[Try it] Please transcribe the data that follows exactly, from its first line through the line that contains "ℕ-cases a b = ground arith".

*** Task material Section Begins ***

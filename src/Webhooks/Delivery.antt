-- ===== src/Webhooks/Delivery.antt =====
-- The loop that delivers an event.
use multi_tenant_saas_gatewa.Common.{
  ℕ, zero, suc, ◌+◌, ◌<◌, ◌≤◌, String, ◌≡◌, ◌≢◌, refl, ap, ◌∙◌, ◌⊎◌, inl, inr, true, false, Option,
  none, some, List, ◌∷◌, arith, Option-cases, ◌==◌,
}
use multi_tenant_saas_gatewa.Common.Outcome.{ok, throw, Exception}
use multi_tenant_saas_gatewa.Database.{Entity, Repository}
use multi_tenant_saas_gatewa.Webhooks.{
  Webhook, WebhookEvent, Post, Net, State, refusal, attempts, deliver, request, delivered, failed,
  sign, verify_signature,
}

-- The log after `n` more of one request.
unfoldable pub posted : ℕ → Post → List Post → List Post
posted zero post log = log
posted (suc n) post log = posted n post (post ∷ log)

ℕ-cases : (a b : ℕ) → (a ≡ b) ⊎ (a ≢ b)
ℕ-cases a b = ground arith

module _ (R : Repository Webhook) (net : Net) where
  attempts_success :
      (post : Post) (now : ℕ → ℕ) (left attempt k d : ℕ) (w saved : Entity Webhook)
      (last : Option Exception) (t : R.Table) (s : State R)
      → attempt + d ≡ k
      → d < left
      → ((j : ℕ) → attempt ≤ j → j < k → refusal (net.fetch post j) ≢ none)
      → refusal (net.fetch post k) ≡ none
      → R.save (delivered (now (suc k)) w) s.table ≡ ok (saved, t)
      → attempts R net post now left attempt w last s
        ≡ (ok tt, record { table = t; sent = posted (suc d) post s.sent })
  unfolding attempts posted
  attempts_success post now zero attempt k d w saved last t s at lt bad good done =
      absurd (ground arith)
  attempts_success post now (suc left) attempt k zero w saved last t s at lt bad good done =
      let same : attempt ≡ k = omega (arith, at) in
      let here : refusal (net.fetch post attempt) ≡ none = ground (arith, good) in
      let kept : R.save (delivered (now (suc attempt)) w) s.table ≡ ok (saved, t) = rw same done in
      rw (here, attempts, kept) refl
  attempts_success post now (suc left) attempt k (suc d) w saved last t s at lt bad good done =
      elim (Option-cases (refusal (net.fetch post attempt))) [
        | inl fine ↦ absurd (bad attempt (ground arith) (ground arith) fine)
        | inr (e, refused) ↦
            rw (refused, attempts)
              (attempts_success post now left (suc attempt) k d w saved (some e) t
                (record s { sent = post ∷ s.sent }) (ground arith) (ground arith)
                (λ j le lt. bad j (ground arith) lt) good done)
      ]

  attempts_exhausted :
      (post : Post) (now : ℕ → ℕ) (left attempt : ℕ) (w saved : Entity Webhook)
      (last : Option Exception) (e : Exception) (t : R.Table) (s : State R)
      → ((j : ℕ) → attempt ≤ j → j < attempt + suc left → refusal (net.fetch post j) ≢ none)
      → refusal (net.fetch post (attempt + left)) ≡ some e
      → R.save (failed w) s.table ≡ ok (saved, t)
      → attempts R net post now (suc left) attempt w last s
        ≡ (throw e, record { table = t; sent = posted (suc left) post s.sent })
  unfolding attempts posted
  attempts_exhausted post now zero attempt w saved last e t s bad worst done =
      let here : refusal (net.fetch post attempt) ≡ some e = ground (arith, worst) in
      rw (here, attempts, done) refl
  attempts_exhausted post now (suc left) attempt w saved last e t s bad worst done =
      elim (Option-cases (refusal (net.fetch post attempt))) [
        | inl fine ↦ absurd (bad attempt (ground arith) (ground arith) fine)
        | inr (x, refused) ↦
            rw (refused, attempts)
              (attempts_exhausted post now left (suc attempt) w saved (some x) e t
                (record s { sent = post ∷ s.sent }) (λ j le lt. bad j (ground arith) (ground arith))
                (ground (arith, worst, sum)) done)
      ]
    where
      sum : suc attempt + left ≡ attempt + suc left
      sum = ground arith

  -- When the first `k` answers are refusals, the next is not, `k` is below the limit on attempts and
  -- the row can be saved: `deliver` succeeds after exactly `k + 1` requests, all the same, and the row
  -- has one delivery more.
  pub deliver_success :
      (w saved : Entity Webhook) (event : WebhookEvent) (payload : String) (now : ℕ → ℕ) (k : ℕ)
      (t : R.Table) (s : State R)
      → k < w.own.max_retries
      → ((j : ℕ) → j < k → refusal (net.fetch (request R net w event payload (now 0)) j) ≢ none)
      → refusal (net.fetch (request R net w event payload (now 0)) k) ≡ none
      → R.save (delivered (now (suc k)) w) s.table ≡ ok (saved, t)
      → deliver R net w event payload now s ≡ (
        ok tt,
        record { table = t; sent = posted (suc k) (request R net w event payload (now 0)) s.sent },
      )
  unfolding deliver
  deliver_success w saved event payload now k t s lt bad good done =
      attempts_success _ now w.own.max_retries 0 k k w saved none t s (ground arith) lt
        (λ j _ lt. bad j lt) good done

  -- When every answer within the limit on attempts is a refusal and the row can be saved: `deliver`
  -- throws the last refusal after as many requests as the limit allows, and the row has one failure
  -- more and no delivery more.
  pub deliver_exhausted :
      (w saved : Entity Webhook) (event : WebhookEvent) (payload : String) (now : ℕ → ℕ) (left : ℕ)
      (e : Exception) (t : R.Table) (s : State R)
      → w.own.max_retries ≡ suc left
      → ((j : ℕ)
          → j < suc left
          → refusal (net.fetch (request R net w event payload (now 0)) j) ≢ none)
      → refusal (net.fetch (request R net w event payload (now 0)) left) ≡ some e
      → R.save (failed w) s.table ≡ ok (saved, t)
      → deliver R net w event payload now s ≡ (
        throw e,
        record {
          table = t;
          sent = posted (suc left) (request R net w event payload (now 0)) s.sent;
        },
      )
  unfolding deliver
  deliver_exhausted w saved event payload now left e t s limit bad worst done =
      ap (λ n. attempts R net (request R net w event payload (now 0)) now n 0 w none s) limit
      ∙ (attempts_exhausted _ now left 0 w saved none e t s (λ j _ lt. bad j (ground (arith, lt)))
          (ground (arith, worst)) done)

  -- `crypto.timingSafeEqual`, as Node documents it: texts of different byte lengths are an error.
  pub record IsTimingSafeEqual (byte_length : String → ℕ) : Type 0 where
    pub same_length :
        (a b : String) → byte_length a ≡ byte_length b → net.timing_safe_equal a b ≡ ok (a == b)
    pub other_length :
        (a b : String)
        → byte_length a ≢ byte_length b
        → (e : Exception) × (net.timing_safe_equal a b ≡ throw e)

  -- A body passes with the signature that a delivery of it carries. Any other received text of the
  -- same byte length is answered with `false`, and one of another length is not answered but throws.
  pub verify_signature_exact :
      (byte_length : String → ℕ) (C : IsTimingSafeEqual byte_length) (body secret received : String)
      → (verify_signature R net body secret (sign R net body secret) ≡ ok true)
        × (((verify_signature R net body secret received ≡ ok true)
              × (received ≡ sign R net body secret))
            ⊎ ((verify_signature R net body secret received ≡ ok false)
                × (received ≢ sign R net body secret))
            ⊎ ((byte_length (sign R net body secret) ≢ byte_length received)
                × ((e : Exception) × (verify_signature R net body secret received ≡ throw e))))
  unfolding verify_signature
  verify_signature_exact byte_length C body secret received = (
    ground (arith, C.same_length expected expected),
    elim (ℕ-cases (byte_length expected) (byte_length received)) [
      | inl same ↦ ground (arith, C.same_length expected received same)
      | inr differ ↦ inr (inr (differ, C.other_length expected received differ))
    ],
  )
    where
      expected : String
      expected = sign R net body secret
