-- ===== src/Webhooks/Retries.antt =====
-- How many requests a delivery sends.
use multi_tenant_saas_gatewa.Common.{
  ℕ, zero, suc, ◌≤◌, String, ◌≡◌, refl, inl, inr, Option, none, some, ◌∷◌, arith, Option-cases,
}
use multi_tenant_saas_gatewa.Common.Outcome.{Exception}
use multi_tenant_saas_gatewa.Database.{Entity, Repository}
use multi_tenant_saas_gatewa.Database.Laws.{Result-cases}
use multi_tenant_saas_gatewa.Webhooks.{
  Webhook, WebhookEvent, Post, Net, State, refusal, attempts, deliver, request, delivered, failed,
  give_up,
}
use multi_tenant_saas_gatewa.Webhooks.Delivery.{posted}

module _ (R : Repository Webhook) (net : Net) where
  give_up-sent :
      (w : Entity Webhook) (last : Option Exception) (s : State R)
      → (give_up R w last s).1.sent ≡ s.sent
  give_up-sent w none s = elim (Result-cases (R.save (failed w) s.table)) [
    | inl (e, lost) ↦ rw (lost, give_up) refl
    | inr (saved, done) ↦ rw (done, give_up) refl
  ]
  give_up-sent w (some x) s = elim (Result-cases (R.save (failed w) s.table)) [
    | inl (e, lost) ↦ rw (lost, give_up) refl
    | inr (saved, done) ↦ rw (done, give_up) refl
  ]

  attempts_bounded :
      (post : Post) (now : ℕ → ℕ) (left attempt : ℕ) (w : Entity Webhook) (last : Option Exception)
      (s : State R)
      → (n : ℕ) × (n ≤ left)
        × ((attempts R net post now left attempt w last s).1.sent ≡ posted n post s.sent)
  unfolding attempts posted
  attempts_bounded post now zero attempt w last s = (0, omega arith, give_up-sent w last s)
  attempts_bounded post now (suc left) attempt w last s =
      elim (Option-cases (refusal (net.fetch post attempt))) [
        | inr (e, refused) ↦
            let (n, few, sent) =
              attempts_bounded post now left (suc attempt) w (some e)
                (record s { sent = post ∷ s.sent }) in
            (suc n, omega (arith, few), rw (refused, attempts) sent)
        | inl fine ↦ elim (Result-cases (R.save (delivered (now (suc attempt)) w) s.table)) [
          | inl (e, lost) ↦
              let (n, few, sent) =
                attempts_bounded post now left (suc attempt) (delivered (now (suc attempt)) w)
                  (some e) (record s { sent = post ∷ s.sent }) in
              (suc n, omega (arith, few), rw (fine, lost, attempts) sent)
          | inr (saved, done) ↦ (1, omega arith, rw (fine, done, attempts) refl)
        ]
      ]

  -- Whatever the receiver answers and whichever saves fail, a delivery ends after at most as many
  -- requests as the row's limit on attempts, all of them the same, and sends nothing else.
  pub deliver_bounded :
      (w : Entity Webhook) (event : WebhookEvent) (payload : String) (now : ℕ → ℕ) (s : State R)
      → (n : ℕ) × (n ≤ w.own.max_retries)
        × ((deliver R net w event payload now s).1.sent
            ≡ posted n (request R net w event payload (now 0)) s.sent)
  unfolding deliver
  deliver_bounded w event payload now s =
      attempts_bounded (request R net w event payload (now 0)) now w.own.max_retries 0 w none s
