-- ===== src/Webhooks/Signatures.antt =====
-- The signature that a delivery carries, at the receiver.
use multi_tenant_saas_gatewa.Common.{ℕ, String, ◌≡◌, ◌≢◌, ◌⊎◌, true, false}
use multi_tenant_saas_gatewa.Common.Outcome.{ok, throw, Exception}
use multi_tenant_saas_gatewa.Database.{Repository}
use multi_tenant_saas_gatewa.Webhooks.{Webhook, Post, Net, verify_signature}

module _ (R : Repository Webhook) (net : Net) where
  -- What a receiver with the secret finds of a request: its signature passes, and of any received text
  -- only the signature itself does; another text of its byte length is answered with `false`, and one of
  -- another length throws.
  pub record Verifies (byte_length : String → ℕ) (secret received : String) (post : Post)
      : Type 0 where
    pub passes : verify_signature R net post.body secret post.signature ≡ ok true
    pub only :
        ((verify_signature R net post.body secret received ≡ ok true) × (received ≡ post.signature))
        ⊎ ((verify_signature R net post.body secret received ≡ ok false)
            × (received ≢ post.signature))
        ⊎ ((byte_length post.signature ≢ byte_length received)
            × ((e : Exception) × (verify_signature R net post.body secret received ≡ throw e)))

*** Task material Section Ends ***

[Solution to this problem]
filename src/Webhooks/Delivery.antt
-- ===== src/Webhooks/Delivery.antt =====
-- The loop that delivers an event.
use multi_tenant_saas_gatewa.Common.{
  ℕ, zero, suc, ◌+◌, ◌<◌, ◌≤◌, String, ◌≡◌, ◌≢◌, refl, ap, ◌∙◌, ◌⊎◌, inl, inr, true, false, Option,
  none, some, List, ◌∷◌, arith, Option-cases, ◌==◌,
}
use multi_tenant_saas_gatewa.Common.Outcome.{ok, throw, Exception}
use multi_tenant_saas_gatewa.Database.{Entity, Repository}
use multi_tenant_saas_gatewa.Webhooks.{
  Webhook, WebhookEvent, Post, Net, State, refusal, attempts, deliver, request, delivered, failed,
  sign, verify_signature,
}

-- The log after `n` more of one request.
unfoldable pub posted : ℕ → Post → List Post → List Post
posted zero post log = log
posted (suc n) post log = posted n post (post ∷ log)

ℕ-cases : (a b : ℕ) → (a ≡ b) ⊎ (a ≢ b)
ℕ-cases a b = ground arith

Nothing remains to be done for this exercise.